§ EXERCISE BRIEF
Examine the data below and state how many lines contain "found", offering no other words.

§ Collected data

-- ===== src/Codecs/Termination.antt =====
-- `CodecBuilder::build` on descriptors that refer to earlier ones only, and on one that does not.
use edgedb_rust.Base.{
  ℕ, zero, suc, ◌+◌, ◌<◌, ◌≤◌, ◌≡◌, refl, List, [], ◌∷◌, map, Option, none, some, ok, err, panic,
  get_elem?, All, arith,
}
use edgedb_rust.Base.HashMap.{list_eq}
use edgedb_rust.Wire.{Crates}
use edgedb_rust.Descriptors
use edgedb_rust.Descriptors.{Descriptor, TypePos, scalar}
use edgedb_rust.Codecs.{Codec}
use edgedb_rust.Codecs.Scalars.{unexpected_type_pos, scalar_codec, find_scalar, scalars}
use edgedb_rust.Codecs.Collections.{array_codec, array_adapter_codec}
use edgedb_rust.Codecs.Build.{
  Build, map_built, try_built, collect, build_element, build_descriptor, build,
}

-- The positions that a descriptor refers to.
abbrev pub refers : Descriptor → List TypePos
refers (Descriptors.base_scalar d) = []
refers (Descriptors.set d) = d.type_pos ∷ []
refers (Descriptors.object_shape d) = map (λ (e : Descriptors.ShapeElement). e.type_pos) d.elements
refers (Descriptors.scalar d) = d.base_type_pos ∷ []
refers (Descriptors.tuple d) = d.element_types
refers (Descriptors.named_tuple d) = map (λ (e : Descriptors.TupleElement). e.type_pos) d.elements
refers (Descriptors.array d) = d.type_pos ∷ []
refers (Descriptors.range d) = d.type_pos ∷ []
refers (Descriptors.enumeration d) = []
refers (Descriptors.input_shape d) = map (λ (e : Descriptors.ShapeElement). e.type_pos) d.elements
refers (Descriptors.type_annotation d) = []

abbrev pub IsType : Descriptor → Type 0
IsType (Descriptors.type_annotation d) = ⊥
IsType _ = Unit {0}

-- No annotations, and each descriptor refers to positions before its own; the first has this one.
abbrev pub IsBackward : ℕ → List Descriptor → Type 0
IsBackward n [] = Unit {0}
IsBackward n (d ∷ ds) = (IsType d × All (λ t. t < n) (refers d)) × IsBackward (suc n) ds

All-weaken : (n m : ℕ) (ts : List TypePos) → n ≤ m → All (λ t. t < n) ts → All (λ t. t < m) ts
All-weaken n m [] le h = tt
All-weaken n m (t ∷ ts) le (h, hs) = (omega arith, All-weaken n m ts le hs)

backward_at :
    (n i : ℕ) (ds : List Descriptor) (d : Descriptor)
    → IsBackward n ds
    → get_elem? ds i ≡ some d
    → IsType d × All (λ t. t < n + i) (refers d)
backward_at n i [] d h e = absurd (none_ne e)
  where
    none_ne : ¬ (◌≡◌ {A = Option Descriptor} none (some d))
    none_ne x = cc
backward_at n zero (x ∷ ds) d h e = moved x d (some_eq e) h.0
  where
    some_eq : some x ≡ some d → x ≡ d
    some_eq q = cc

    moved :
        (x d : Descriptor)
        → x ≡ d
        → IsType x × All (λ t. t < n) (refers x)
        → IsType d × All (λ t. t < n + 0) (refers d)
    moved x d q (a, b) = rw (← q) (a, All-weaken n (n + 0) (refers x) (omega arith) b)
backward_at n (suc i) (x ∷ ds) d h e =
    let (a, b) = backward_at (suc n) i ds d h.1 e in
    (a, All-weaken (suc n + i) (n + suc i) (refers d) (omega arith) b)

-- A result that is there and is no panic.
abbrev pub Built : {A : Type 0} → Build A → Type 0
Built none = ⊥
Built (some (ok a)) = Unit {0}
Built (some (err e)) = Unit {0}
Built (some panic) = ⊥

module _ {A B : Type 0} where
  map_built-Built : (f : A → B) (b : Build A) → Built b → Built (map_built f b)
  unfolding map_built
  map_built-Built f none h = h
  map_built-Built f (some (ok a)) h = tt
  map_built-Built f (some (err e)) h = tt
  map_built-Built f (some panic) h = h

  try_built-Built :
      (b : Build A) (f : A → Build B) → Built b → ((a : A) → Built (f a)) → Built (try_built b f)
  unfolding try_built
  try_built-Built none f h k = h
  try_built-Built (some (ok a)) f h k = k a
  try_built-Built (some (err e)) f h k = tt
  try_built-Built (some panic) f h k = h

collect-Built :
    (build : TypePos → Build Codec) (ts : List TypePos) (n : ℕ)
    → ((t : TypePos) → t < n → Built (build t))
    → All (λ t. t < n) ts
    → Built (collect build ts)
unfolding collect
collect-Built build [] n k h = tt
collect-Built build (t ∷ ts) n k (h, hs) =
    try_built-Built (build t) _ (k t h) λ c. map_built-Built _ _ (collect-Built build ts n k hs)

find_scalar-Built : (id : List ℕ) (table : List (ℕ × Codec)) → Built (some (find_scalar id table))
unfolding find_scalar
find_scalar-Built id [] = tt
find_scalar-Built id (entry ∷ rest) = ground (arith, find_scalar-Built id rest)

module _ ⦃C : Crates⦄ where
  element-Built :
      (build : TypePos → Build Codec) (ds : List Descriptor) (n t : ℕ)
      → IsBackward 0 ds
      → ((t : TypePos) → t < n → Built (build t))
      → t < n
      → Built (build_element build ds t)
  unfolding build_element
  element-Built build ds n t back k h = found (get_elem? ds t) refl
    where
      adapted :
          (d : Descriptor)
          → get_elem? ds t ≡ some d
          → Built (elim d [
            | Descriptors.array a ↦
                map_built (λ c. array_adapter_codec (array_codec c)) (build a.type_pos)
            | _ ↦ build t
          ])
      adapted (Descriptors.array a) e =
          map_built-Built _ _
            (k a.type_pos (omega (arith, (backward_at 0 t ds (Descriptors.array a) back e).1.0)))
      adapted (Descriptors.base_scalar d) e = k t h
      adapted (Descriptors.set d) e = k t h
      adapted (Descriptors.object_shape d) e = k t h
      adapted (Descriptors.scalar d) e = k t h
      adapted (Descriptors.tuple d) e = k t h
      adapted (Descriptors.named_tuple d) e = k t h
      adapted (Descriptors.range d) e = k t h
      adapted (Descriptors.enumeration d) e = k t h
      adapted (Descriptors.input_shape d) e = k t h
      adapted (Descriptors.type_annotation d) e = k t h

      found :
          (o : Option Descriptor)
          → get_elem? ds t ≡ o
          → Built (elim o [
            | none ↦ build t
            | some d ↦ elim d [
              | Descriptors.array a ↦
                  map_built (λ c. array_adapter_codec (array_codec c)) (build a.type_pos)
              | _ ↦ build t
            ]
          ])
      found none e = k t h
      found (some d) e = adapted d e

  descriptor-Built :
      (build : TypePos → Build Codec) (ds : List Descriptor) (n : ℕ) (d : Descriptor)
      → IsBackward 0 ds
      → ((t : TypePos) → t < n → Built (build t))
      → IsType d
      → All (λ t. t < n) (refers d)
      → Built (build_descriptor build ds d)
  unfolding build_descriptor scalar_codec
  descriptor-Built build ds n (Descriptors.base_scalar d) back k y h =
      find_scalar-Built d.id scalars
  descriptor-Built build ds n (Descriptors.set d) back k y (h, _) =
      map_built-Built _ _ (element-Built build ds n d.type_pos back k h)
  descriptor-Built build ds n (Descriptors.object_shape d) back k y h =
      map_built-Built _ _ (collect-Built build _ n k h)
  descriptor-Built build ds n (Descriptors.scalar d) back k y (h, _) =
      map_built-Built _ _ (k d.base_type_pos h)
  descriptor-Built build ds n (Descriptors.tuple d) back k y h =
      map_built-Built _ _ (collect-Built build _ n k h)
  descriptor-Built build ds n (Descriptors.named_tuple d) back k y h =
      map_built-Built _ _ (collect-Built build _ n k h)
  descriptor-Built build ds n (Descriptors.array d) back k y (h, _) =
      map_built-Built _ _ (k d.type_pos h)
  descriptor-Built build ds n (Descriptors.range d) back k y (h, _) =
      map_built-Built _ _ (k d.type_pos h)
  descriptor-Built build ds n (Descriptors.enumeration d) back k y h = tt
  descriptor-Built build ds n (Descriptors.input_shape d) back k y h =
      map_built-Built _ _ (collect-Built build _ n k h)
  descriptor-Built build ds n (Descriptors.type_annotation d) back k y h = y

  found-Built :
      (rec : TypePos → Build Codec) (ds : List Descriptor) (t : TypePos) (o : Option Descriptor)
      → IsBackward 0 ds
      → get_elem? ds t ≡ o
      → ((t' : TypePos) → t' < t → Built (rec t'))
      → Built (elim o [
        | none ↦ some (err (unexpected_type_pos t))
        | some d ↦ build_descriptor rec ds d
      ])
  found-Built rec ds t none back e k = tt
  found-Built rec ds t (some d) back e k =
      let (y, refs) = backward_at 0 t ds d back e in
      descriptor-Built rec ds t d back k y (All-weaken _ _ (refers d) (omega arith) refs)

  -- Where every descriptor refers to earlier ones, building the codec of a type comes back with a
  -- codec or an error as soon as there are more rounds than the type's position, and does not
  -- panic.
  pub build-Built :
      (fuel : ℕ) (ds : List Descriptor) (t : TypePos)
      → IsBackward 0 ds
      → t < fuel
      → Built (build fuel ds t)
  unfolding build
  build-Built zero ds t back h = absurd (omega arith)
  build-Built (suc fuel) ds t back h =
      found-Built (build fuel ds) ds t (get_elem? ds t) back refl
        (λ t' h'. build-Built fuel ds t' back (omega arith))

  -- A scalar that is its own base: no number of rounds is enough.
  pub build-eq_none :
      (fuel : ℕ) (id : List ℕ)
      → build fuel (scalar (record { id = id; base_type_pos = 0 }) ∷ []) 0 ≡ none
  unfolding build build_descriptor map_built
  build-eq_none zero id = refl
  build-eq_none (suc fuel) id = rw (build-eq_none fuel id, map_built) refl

§ RESPONSE TO THE EXERCISE
8